> [Exercise requirements] Only one stretch of the records below should be repeated. It starts with the line containing "on_row-session (ok none) s = refl" and goes on through the line containing "(receive_round-Keeps i))", exactly as written.

> [Information given]
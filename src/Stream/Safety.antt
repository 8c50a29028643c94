-- ===== src/Stream/Safety.antt =====
-- No round tells the server more than the durable cursor holds.
use jack_courier_driver_pglg.Prelude.{
  ℕ, ◌≤◌, ◌≡◌, refl, ◌⊎◌, inl, inr, [], ◌∷◌, List, Bool, true, false, Option, none, some, Bytes,
  arith, All, if◌then◌else◌,
}
use mathlib.Core.Path.{subst}
use jack_courier_driver_pglg.Errors.{standby_timeout, Result, ok, err}
use jack_courier_driver_pglg.Row.{
  Time, Lsn, WalMessage, begin, relation, insert, commit, other, ParsedInsert,
}
use jack_courier_driver_pglg.Wal.{
  WalConsumer, Decoders, Received, Sending, set_flush_lsn, set_relation, standby_status_update,
  parse_insert, receive_message,
}
use jack_courier_driver_pglg.Wal.Status.{heard_flush, heard-standby_status_update}
use jack_courier_driver_pglg.Wal.Receive.{Receives, receive_message-Receives}
use jack_courier_driver_pglg.Parser.Message.{parse_wal_message}
use jack_courier_driver_pglg.Cursor.{Db, cursor_lsn}
use jack_courier_driver_pglg.Cursor.Persist.{IsAtomic, persist_flush_result-IsAtomic}
use jack_courier_driver_pglg.Flush.{Session, FlushInputs}
use jack_courier_driver_pglg.Flush.Confirmed.{
  Confirmed, Confirmed-mono, Confirmed-send, Confirmed-set_flush_lsn, IsConfirmed, Safe, Safe-refl,
  Safe-trans, flush_batch-Safe,
}
use jack_courier_driver_pglg.Stream.{
  next_receive_deadline, is_nil, Limits, Stream, Inputs, Round, ◌▹◌, after_flush, flush_pending,
  after_status, timed_flush, clock_after, send_status_at, after_idle, standby, standby_tick,
  open_batch, close_tx, flush_if_full, on_commit, on_message, on_parsed, on_received, receive_round,
  round, run, on_row,
}

abbrev pub Keeps : Stream → Round → Type 0
Keeps s r = Safe s.session r.1.session

Keeps-▹ :
    (s : Stream) (r : Round) (k : Stream → Round)
    → Keeps s r
    → ((s' : Stream) → Keeps s' (k s'))
    → Keeps s (r ▹ k)
Keeps-▹ s (ok u, s') k h f = Safe-trans h (f s')
Keeps-▹ s (err e, s') k h f = h

Keeps-if :
    (s : Stream) (b : Bool) (a c : Round) → Keeps s a → Keeps s c → Keeps s (if b then a else c)
Keeps-if s true a c ka kc = ka
Keeps-if s false a c ka kc = kc

after_flush-Keeps :
    (s : Stream) (r : Result (Unit {0}) × Session) → Safe s.session r.1 → Keeps s (after_flush s r)
unfolding after_flush
after_flush-Keeps s (ok u, session) h = h
after_flush-Keeps s (err e, session) h = h

flush_pending-Keeps : (i : FlushInputs) (s : Stream) → Keeps s (flush_pending i s)
unfolding flush_pending
flush_pending-Keeps i s =
    after_flush-Keeps s _ (flush_batch-Safe i s.pending_inserts s.pending_commit_lsn s.session)

timed_flush-Keeps : (i : Inputs) (s : Stream) → Keeps s (timed_flush i s)
unfolding timed_flush
timed_flush-Keeps i s = ground (arith, flush_pending-Keeps i.timed s)

after_status-Keeps :
    (cfg : Limits) (i : Inputs) (s : Stream) (r : Result (Unit {0}) × WalConsumer)
    → (IsConfirmed s.session → Confirmed (cursor_lsn s.db) r.1)
    → Keeps s (after_status cfg i s r)
unfolding after_status
after_status-Keeps cfg i s (ok u, wal) h = record { confirmed = h; forward = omega arith }
after_status-Keeps cfg i s (err e, wal) h = record { confirmed = h; forward = omega arith }

send_status_at-Keeps : (cfg : Limits) (i : Inputs) (s : Stream) → Keeps s (send_status_at cfg i s)
unfolding send_status_at
send_status_at-Keeps cfg i s = after_status-Keeps cfg i s _ (Confirmed-send i.idle_sending)

after_idle-Keeps :
    (cfg : Limits) (i : Inputs) (s : Stream) (r : Result (Unit {0}) × Db)
    → IsAtomic [] s.wal.client_pos s.db r
    → Keeps s (after_idle cfg i s r)
unfolding after_idle
after_idle-Keeps cfg i s (err e, db) (which, done, top, up) = record {
  confirmed = λ h. Confirmed-mono up h;
  forward = up;
}
after_idle-Keeps cfg i s (ok u, db) (which, done, top, up) =
    Safe-trans moved (send_status_at-Keeps cfg i _)
  where
    moved :
        Safe s.session (record s.session { db = db; wal = set_flush_lsn s.wal.client_pos s.wal })
    moved = record {
      confirmed =
          λ h. Confirmed-set_flush_lsn s.wal.client_pos (grind (arith, done)) (Confirmed-mono up h);
      forward = up;
    }

standby-Keeps : (cfg : Limits) (i : Inputs) (s : Stream) → Keeps s (standby cfg i s)
unfolding standby
standby-Keeps cfg i s = ground (
  arith,
  send_status_at-Keeps cfg i s,
  after_idle-Keeps cfg i s _ (persist_flush_result-IsAtomic i.idle_tx [] s.wal.client_pos s.db),
)

standby_tick-Keeps :
    (cfg : Limits) (i : Inputs) (now : Time) (s : Stream) → Keeps s (standby_tick cfg i now s)
unfolding standby_tick
standby_tick-Keeps cfg i now s = ground (arith, standby-Keeps cfg i s)

flush_if_full-Keeps : (cfg : Limits) (i : Inputs) (s : Stream) → Keeps s (flush_if_full cfg i s)
unfolding flush_if_full
flush_if_full-Keeps cfg i s = ground (arith, flush_pending-Keeps i.full s)

commit_session :
    (cfg : Limits) (i : Inputs) (b : Bool) (l : Lsn) (s : Stream)
    → (open_batch cfg i b (close_tx l s)).session ≡ s.session
unfolding open_batch close_tx
commit_session cfg i b l s = ground arith

on_commit-Keeps : (cfg : Limits) (i : Inputs) (l : Lsn) (s : Stream) → Keeps s (on_commit cfg i l s)
unfolding on_commit
on_commit-Keeps cfg i l s =
    let t = open_batch cfg i (is_nil s.pending_inserts) (close_tx l s) in
    subst (λ x. Safe x (flush_if_full cfg i t).1.session)
      (commit_session cfg i (is_nil s.pending_inserts) l s) (flush_if_full-Keeps cfg i t)

same_wal :
    (s : Session) (w : WalConsumer)
    → (IsConfirmed s → Confirmed (cursor_lsn s.db) w)
    → Safe s (record s { wal = w })
same_wal s w h = record { confirmed = h; forward = omega arith }

Confirmed-set_relation :
    {c : Lsn} {w : WalConsumer} (id : ℕ) (name : Bytes) (cols : List Bytes)
    → Confirmed c w
    → Confirmed c (set_relation id name cols w)
unfolding set_relation
Confirmed-set_relation id name cols h = record { position = h.position; told = h.told }

Confirmed-Receives :
    {lib : Decoders} {r : Received} {c : Lsn} {w w' : WalConsumer} {s : Sending}
    → Receives lib r w w' s
    → Confirmed c w
    → Confirmed c w'
Confirmed-Receives {c} {w} {w'} {s} r h = record {
  position = omega (arith, r.flush);
  told = go r.updates;
}
  where
    go :
        (w'.sent ≡ w.sent) ⊎ (w'.sent ≡ standby_status_update w' s.now ∷ w.sent)
        → All (λ u. heard_flush u ≤ c) w'.sent
    go (inl same) = rw same h.told
    go (inr more) =
        rw more (omega (arith, heard-standby_status_update w' s.now, r.flush, h.position), h.told)

module _ (lib : Decoders) (cfg : Limits) where
  on_row-session :
      (r : Result (Option ParsedInsert)) (s : Stream) → (on_row r s).session ≡ s.session
  unfolding on_row
  on_row-session (err e) s = refl
  on_row-session (ok none) s = refl
  on_row-session (ok (some p)) s = refl

  on_message-Keeps : (i : Inputs) (m : WalMessage) (s : Stream) → Keeps s (on_message lib cfg i m s)
  unfolding on_message
  on_message-Keeps i begin s = Safe-refl s.session
  on_message-Keeps i (relation r) s =
      same_wal s.session _ (Confirmed-set_relation r.id r.name r.columns)
  on_message-Keeps i (insert ins) s =
      rw (on_row-session (parse_insert lib ins s.wal) s) (Safe-refl s.session)
  on_message-Keeps i (commit l) s = on_commit-Keeps cfg i l s
  on_message-Keeps i other s = Safe-refl s.session

  on_parsed-Keeps :
      (i : Inputs) (m : Result WalMessage) (s : Stream) → Keeps s (on_parsed lib cfg i m s)
  unfolding on_parsed
  on_parsed-Keeps i (err e) s = Safe-refl s.session
  on_parsed-Keeps i (ok m) s = on_message-Keeps i m s

  on_received-Keeps :
      (i : Inputs) (r : Result (Option Bytes)) (s : Stream) → Keeps s (on_received lib cfg i r s)
  unfolding on_received
  on_received-Keeps i (err standby_timeout) s = Safe-refl s.session
  on_received-Keeps i (err e) s = Safe-refl s.session
  on_received-Keeps i (ok none) s = Safe-refl s.session
  on_received-Keeps i (ok (some wal_data)) s =
      on_parsed-Keeps i (parse_wal_message lib.parse_v2 wal_data) s

  receive_round-Keeps : (i : Inputs) (s : Stream) → Keeps s (receive_round lib cfg i s)
  unfolding receive_round
  receive_round-Keeps i s =
      let answer = i.arrives (next_receive_deadline s.next_batch_at s.next_standby_at) in
      Safe-trans
        (same_wal s.session _
          (Confirmed-Receives (receive_message-Receives lib answer i.reply s.wal)))
        (on_received-Keeps i (receive_message lib answer i.reply s.wal).0 _)

  round-Keeps : (i : Inputs) (s : Stream) → Keeps s (round lib cfg i s)
  unfolding round
  round-Keeps i s = Keeps-if s i.done _ _ (Safe-refl s.session) (
      Keeps-▹ s (timed_flush i s ▹ standby_tick cfg i (clock_after i s)) (receive_round lib cfg i)
        (Keeps-▹ s (timed_flush i s) _ (timed_flush-Keeps i s)
          (standby_tick-Keeps cfg i (clock_after i s)))
        (receive_round-Keeps i))

  pub run-Safe : (is : List Inputs) (s : Stream) → Safe s.session (run lib cfg is s).1.session
  unfolding run
  run-Safe [] s = Safe-refl s.session
  run-Safe (i ∷ is) s =
      Keeps-▹ s (round lib cfg i s) (run lib cfg is) (round-Keeps i s) (run-Safe is)

  -- Over any rounds, whatever fails in them and however the last one ends: if the consumer's flush
  -- position and every position that the server was told were at most the durable cursor before,
  -- they are after; and the cursor has not moved back.
  pub run-IsConfirmed :
      (is : List Inputs) (s : Stream)
      → IsConfirmed s.session
      → IsConfirmed (run lib cfg is s).1.session
        × (cursor_lsn s.db ≤ cursor_lsn (run lib cfg is s).1.db)
  run-IsConfirmed is s h = ((run-Safe is s).confirmed h, (run-Safe is s).forward)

> [Result]
  on_row-session (ok none) s = refl
  on_row-session (ok (some p)) s = refl

  on_message-Keeps : (i : Inputs) (m : WalMessage) (s : Stream) → Keeps s (on_message lib cfg i m s)
  unfolding on_message
  on_message-Keeps i begin s = Safe-refl s.session
  on_message-Keeps i (relation r) s =
      same_wal s.session _ (Confirmed-set_relation r.id r.name r.columns)
  on_message-Keeps i (insert ins) s =
      rw (on_row-session (parse_insert lib ins s.wal) s) (Safe-refl s.session)
  on_message-Keeps i (commit l) s = on_commit-Keeps cfg i l s
  on_message-Keeps i other s = Safe-refl s.session

  on_parsed-Keeps :
      (i : Inputs) (m : Result WalMessage) (s : Stream) → Keeps s (on_parsed lib cfg i m s)
  unfolding on_parsed
  on_parsed-Keeps i (err e) s = Safe-refl s.session
  on_parsed-Keeps i (ok m) s = on_message-Keeps i m s

  on_received-Keeps :
      (i : Inputs) (r : Result (Option Bytes)) (s : Stream) → Keeps s (on_received lib cfg i r s)
  unfolding on_received
  on_received-Keeps i (err standby_timeout) s = Safe-refl s.session
  on_received-Keeps i (err e) s = Safe-refl s.session
  on_received-Keeps i (ok none) s = Safe-refl s.session
  on_received-Keeps i (ok (some wal_data)) s =
      on_parsed-Keeps i (parse_wal_message lib.parse_v2 wal_data) s

  receive_round-Keeps : (i : Inputs) (s : Stream) → Keeps s (receive_round lib cfg i s)
  unfolding receive_round
  receive_round-Keeps i s =
      let answer = i.arrives (next_receive_deadline s.next_batch_at s.next_standby_at) in
      Safe-trans
        (same_wal s.session _
          (Confirmed-Receives (receive_message-Receives lib answer i.reply s.wal)))
        (on_received-Keeps i (receive_message lib answer i.reply s.wal).0 _)

  round-Keeps : (i : Inputs) (s : Stream) → Keeps s (round lib cfg i s)
  unfolding round
  round-Keeps i s = Keeps-if s i.done _ _ (Safe-refl s.session) (
      Keeps-▹ s (timed_flush i s ▹ standby_tick cfg i (clock_after i s)) (receive_round lib cfg i)
        (Keeps-▹ s (timed_flush i s) _ (timed_flush-Keeps i s)
          (standby_tick-Keeps cfg i (clock_after i s)))
        (receive_round-Keeps i))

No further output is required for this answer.